Bu sarsıntıların en yoğun şekilde meydana geldiği yer Manisa.
Afet ve Acil Durum Yönetimi Başkanlığı (AFAD) Deprem Dairesi verilerine göre 22 Ocak'ta 5.4 büyüklüğünde depremle sarsılan kentte 4 Şubat gecesi 5 dakikada en büyüğü 4.0 olan 5 artçı sarsıntı meydana geldi.
Manisa dün akşam da 4.3 ve 4.8 büyüklüğündeki iki ayrı depremle sarsıldı.
Son haftalarda art arda sarsıntıların yaşanması, Manisa halkını panik ve tedirginliğe sevk etti.

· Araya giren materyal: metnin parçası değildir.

-- ===== src/Lease/Examples.antt =====
-- The lease of concrete runners, on a server that compares the whole lease with the one read.
use ai_models.Prelude.{
  not, ltb, ◌+◌, ◌&&◌, ℕ, ◌≡◌, ◌≢◌, ◌⊎◌, inl, inr, refl, ap, String, Bool, true, false, ◌==◌, List,
  [], ◌∷◌, Option, none, some, if◌then◌else◌, All, arith, Bool-cases,
}
use text.Mathlib.TextEquality.{eq_iff}
use ai_models.Prelude.Text.{str_eq, trim_space}
use ai_models.Publication.Handle.{ok}
use ai_models.Lease.{
  Lease, Runner, Write, found, not_found, written, rejected, LeaseClient, Attempt, new_lease,
  write_lease, run, held_by_other, updated_lease, expired, duration_seconds,
}
use ai_models.Lease.Exclusion.{write_lease_excludes, term, updated_lease-held_by_other}

abbrev same_text : Option String → Option String → Bool
same_text none none = true
same_text (some a) (some b) = str_eq a b
same_text _ _ = false

abbrev same_number : Option ℕ → Option ℕ → Bool
same_number none none = true
same_number (some a) (some b) = a == b
same_number _ _ = false

abbrev same_lease : Lease → Lease → Bool
same_lease a b =
    same_text a.holder_identity b.holder_identity
    && same_number a.lease_duration_seconds b.lease_duration_seconds
    && same_number a.acquire_time b.acquire_time
    && same_number a.renew_time b.renew_time
    && same_number a.lease_transitions b.lease_transitions
    && a.creation_timestamp == b.creation_timestamp

same_text→eq : (a b : Option String) → same_text a b ≡ true → a ≡ b
same_text→eq none none h = refl
same_text→eq none (some b) h = absurd (cc)
same_text→eq (some a) none h = absurd (cc)
same_text→eq (some a) (some b) h = ap some ((eq_iff a b).0 h)

same_number→eq : (a b : Option ℕ) → same_number a b ≡ true → a ≡ b
same_number→eq none none h = refl
same_number→eq none (some b) h = absurd (cc)
same_number→eq (some a) none h = absurd (cc)
same_number→eq (some a) (some b) h = ground arith

same_lease→eq : (a b : Lease) → same_lease a b ≡ true → a ≡ b
same_lease→eq a b h = ground (
  arith,
  same_text→eq a.holder_identity b.holder_identity,
  same_number→eq a.lease_duration_seconds b.lease_duration_seconds,
  same_number→eq a.acquire_time b.acquire_time,
  same_number→eq a.renew_time b.renew_time,
  same_number→eq a.lease_transitions b.lease_transitions,
)

abbrev create_on : Option Lease → Lease → Option Lease × Write
create_on none l = (some l, written)
create_on (some m) l = (some m, rejected)

abbrev update_on : Option Lease → Lease → Lease → Option Lease × Write
update_on none read l = (none, rejected)
update_on (some m) read l = if same_lease m read then (some l, written) else (some m, rejected)

create_on-stored :
    (s : Option Lease) (l : Lease)
    → ((create_on s l).0 ≡ s) ⊎ ((s ≡ none) × ((create_on s l).0 ≡ some l))
create_on-stored none l = inr (refl, refl)
create_on-stored (some m) l = inl refl

create_on-written :
    (s : Option Lease) (l : Lease)
    → (create_on s l).1 ≡ written
    → (s ≡ none) × ((create_on s l).0 ≡ some l)
create_on-written none l h = (refl, refl)
create_on-written (some m) l h = absurd (cc)

update_on-stored :
    (s : Option Lease) (read l : Lease)
    → ((update_on s read l).0 ≡ s) ⊎ ((s ≡ some read) × ((update_on s read l).0 ≡ some l))
update_on-stored none read l = inl refl
update_on-stored (some m) read l = elim (Bool-cases (same_lease m read)) [
  | inl e ↦ rw e (inr (ap some (same_lease→eq m read e), refl))
  | inr e ↦ rw e (inl refl)
]

update_on-written :
    (s : Option Lease) (read l : Lease)
    → (update_on s read l).1 ≡ written
    → (s ≡ some read) × ((update_on s read l).0 ≡ some l)
update_on-written none read l h = absurd (cc)
update_on-written (some m) read l h = elim (Bool-cases (same_lease m read)) [
  | inl e ↦ rw e (ap some (same_lease→eq m read e), refl)
  | inr e ↦ absurd (ground arith)
]

abbrev server : LeaseClient (Option Lease)
server = record {
  stored = λ s. s;
  create = create_on;
  update = update_on;
  create-stored = create_on-stored;
  create-written = create_on-written;
  update-stored = update_on-stored;
  update-written = update_on-written;
}

abbrev first_runner : Runner
first_runner = record { identity = "pod-a"; duration = 15000000000 }

abbrev second_runner : Runner
second_runner = record { identity = "pod-b"; duration = 15000000000 }

abbrev later_attempts : List Attempt
later_attempts =
    record { runner = second_runner; now = 5000000000; read = found (new_lease first_runner 1000) }
    ∷ record { runner = second_runner; now = 9000000000; read = not_found }
    ∷ []

write_lease_excludes_example :
    ((run server (write_lease server first_runner 1000 not_found none).0 later_attempts).0
      ≡ (write_lease server first_runner 1000 not_found none).0)
    × All
        (λ result. result ≢ ok true)
        (run server (write_lease server first_runner 1000 not_found none).0 later_attempts).1
unfolding trim_space write_lease duration_seconds
write_lease_excludes_example =
    write_lease_excludes server first_runner 1000 not_found none later_attempts (refl, refl) refl
      ((refl, omega arith), ((refl, omega arith), tt))

-- After its term the lease is taken over.
takes_over :
    (write_lease server second_runner 20000000000
      (found (new_lease first_runner 1000))
      (some (new_lease first_runner 1000))).1
    ≡ ok true
unfolding write_lease held_by_other expired new_lease updated_lease duration_seconds trim_space
takes_over = refl

updated_lease-held_by_other_example :
    held_by_other second_runner 9000000000
      (updated_lease first_runner 1000 (new_lease second_runner 10))
    ≡ (not (str_eq "pod-a" "pod-b") && ltb 9000000000 (1000 + term first_runner))
unfolding trim_space
updated_lease-held_by_other_example =
    updated_lease-held_by_other first_runner second_runner 1000 9000000000
      (new_lease second_runner 10) (refl, refl)
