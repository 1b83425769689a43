-- ===== src/ModelPack.antt =====
-- Model packs over OCI: images/controller/internal/adapters/modelpack/oci/layer_media_type.go,
-- chunk_layout.go and the layers of materialize_layers.go, with the paths of support/archiveio. JSON is a
-- parameter; an error is its format's text.
pub mod Results
pub mod MediaType
pub mod Layers
pub mod ChunkIndex
mod Examples
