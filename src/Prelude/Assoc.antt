-- ===== src/Prelude/Assoc.antt =====
-- Go's `map[string]V` as an association list: a missing key reads as `none`, a write replaces or
-- appends, and a removal takes the key's entry out. The order of the list stands for the order in
-- which Go walks the map, which no result below depends on.
use Prim.Native.String.{String}
use mathlib.Core.Path.{◌≡◌, refl}
use mathlib.Core.Logic.{inl, inr}
use mathlib.Core.Bool.{Bool, true, false, ◌||◌}
use mathlib.Core.Option.{Option, none, some}
use mathlib.Core.List.{List, [], ◌∷◌}
use native.Mathlib.Omega.{arith}
use text.Mathlib.TextEquality.{eq_iff}
use ai_models.Prelude.Tests.{if◌then◌else◌, Bool-cases}
use ai_models.Prelude.Text.{str_eq}

-- A `map[string]struct{}`, by its members.
unfoldable pub member : String → List String → Bool
member k [] = false
member k (x ∷ xs) = str_eq x k || member k xs

module _ {V : Type 0} where
  unfoldable pub lookup : String → List (String × V) → Option V
  lookup k [] = none
  lookup k ((j, v) ∷ m) = if str_eq j k then some v else lookup k m

  unfoldable pub insert : String → V → List (String × V) → List (String × V)
  insert k v [] = (k, v) ∷ []
  insert k v ((j, w) ∷ m) = if str_eq j k then (k, v) ∷ m else (j, w) ∷ insert k v m

  unfoldable pub delete : String → List (String × V) → List (String × V)
  delete k [] = []
  delete k ((j, w) ∷ m) = if str_eq j k then m else (j, w) ∷ delete k m

  unfoldable pub is_nil : List (String × V) → Bool
  is_nil [] = true
  is_nil (x ∷ m) = false

  -- No key stands twice.
  abbrev pub Distinct : List (String × V) → Type 0
  Distinct [] = Unit {0}
  Distinct ((j, w) ∷ m) = (lookup j m ≡ none) × Distinct m

module _ {V : Type 0} where
  pub lookup-insert :
      (written read : String) (value : V) (m : List (String × V))
      → lookup read (insert written value m)
        ≡ (if str_eq written read then some value else lookup read m)
  unfolding insert lookup
  lookup-insert written read value [] = refl
  lookup-insert written read value ((stored, other) ∷ m) = ground (
    lookup-insert written read value m,
    eq_iff stored written,
    eq_iff stored read,
    eq_iff written read,
    arith,
  )

  pub lookup-delete_ne :
      (k j : String) (m : List (String × V))
      → str_eq k j ≡ false
      → lookup j (delete k m) ≡ lookup j m
  unfolding lookup delete
  lookup-delete_ne k j [] h = refl
  lookup-delete_ne k j ((i, w) ∷ m) h =
      ground (arith, eq_iff k j, eq_iff i k, eq_iff i j, lookup-delete_ne k j m h)

  pub lookup-delete_self :
      (k : String) (m : List (String × V)) → Distinct m → lookup k (delete k m) ≡ none
  unfolding lookup delete
  lookup-delete_self k [] d = refl
  lookup-delete_self k ((i, w) ∷ m) d = ground (arith, eq_iff i k, lookup-delete_self k m d.1)

  pub insert-Distinct :
      (k : String) (v : V) (m : List (String × V)) → Distinct m → Distinct (insert k v m)
  unfolding insert lookup
  insert-Distinct k v [] d = (refl, tt)
  insert-Distinct k v ((i, w) ∷ m) d =
      ground (arith, eq_iff i k, eq_iff k i, lookup-insert k i v m, insert-Distinct k v m d.1)

  pub delete-Distinct : (k : String) (m : List (String × V)) → Distinct m → Distinct (delete k m)
  unfolding delete
  delete-Distinct k [] d = tt
  delete-Distinct k ((i, w) ∷ m) d =
      ground (arith, eq_iff i k, eq_iff k i, lookup-delete_ne k i m, delete-Distinct k m d.1)

  pub is_nil-insert : (k : String) (v : V) (m : List (String × V)) → is_nil (insert k v m) ≡ false
  unfolding is_nil insert
  is_nil-insert k v [] = refl
  is_nil-insert k v ((i, w) ∷ m) = ground arith

module _ {V : Type 0} where
  -- Go's `delete`, on a map that may list a key twice.
  unfoldable pub remove : String → List (String × V) → List (String × V)
  remove k [] = []
  remove k ((j, w) ∷ m) = if str_eq j k then remove k m else (j, w) ∷ remove k m

  -- A removed key is gone, and the others stay.
  pub lookup-remove :
      (gone read : String) (m : List (String × V))
      → lookup read (remove gone m) ≡ (if str_eq gone read then none else lookup read m)
  unfolding lookup remove
  lookup-remove gone read [] = ground arith
  lookup-remove gone read ((other, v) ∷ m) =
      ground
        (arith, eq_iff other gone, eq_iff other read, eq_iff gone read, lookup-remove gone read m)

-- A map of texts reads as "" where the key is missing.
abbrev pub text_or_empty : Option String → String
text_or_empty none = ""
text_or_empty (some v) = v

abbrev pub read : String → List (String × String) → String
read k m = text_or_empty (lookup k m)

pub read-insert :
    (written k value : String) (m : List (String × String))
    → read k (insert written value m) ≡ (if str_eq written k then value else read k m)
read-insert written k value m =
    rw (lookup-insert written k value m)
      (elim (Bool-cases (str_eq written k)) [ inl e ↦ rw e | inr e ↦ rw e ])

pub read-remove :
    (gone k : String) (m : List (String × String))
    → read k (remove gone m) ≡ (if str_eq gone k then "" else read k m)
read-remove gone k m =
    rw (lookup-remove gone k m) (elim (Bool-cases (str_eq gone k)) [ inl e ↦ rw e | inr e ↦ rw e ])
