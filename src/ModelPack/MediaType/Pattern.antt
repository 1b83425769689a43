-- ===== src/ModelPack/MediaType/Pattern.antt =====
-- The expression `modelPackLayerMediaTypeRegexp` of
-- images/controller/internal/adapters/modelpack/oci/layer_media_type.go, and what Go's `regexp` makes of the
-- constructs that it uses: of all matches the one that the greedy choices prefer, left to right. A group
-- that takes no part in the match is "".
use Prim.Native.Char.{code}
use Prim.Native.String
use ai_models.Prelude.{ℕ, String, Bool, ◌&&◌, ◌||◌, Option, none, some, if◌then◌else◌, ◌==◌, leb}

-- A text, `\w+`, one after the other, `(?:r)?`, and a group by its number.
pub data Regex : Type 0 where
  text : String → Regex
  words : Regex
  seq : Regex → Regex → Regex
  optional : Regex → Regex
  group : ℕ → Regex → Regex

-- What the three groups hold.
abbrev pub Groups : Type 0
Groups = String × String × String

abbrev pub set_group : ℕ → String → Groups → Groups
set_group n m (a, b, c) = if n == 1 then (m, b, c) else if n == 2 then (a, m, c) else (a, b, m)

-- `\w`, which is ASCII.
abbrev pub is_word : ℕ → Bool
is_word c =
    (leb b'0' c && leb c b'9')
    || (leb b'A' c && leb c b'Z')
    || c == b'_'
    || (leb b'a' c && leb c b'z')

-- What a match goes on with: the text that it has matched, the rest, and the groups.
abbrev pub Next : Type 0
Next = String → String → Groups → Option Groups

abbrev pub or_match : Option Groups → Option Groups → Option Groups
or_match (some g) other = some g
or_match none other = other

unfoldable pub match_text : String → String → Groups → Next → Option Groups
match_text String.[] s g next = next String.[] s g
match_text (String.◌∷◌ c t) String.[] g next = none
match_text (String.◌∷◌ c t) (String.◌∷◌ d s) g next =
    if code c == code d then match_text t s g (λ m rest. next (String.◌∷◌ d m) rest) else none

-- One character at least, and as many as there are; fewer, if that leads to no match.
unfoldable pub match_words : String → Groups → Next → Option Groups
match_words String.[] g next = none
match_words (String.◌∷◌ c s) g next =
    let longer = match_words s g (λ m rest. next (String.◌∷◌ c m) rest) in
    if is_word (code c) then or_match longer (next (String.◌∷◌ c String.[]) s g) else none

unfoldable pub match_at : Regex → String → Groups → Next → Option Groups
unfolding match_text match_words
match_at (text t) s g next = match_text t s g next
match_at words s g next = match_words s g next
match_at (seq r q) s g next =
    match_at r s g (λ m rest h. match_at q rest h (λ n end. next (String.◌++◌ m n) end))
match_at (optional r) s g next = or_match (match_at r s g next) (next String.[] s g)
match_at (group n r) s g next = match_at r s g (λ m rest h. next m rest (set_group n m h))

-- The end of the text, `$`.
abbrev pub at_end : Next
at_end m String.[] g = some g
at_end m (String.◌∷◌ c rest) g = none

-- `^application/vnd\.cncf\.model\.(\w+(?:\.\w+)?)\.v1\.(\w+)(?:\+?(\w+))?$` between its anchors.
abbrev pub model_pack_layer_media_type_regexp : Regex
model_pack_layer_media_type_regexp = seq (text "application/vnd.cncf.model.") (
    seq (group 1 (seq words (optional (seq (text ".") words)))) (
      seq (text ".v1.")
        (seq (group 2 words) (optional (seq (optional (text "+")) (group 3 words))))))

-- `FindStringSubmatch`, less the whole match that stands first in its result.
unfoldable pub find_string_submatch : String → Option Groups
unfolding match_at
find_string_submatch value = match_at model_pack_layer_media_type_regexp value ("", "", "") at_end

Manisa ve çevresindeki sarsıntıların ne kadar süreyle devam edeceğini ve bölgede oluşan panik durumuna karşı neler yapılabileceğini Türk Mühendis ve Mimar Odaları Birliği (TMMOB) Jeoloji Mühendisleri Odası Güney Marmara Şubesi Yönetim Kurulu Üyesi Aysun Aykan, Independent Türkçe'ye yorumladı.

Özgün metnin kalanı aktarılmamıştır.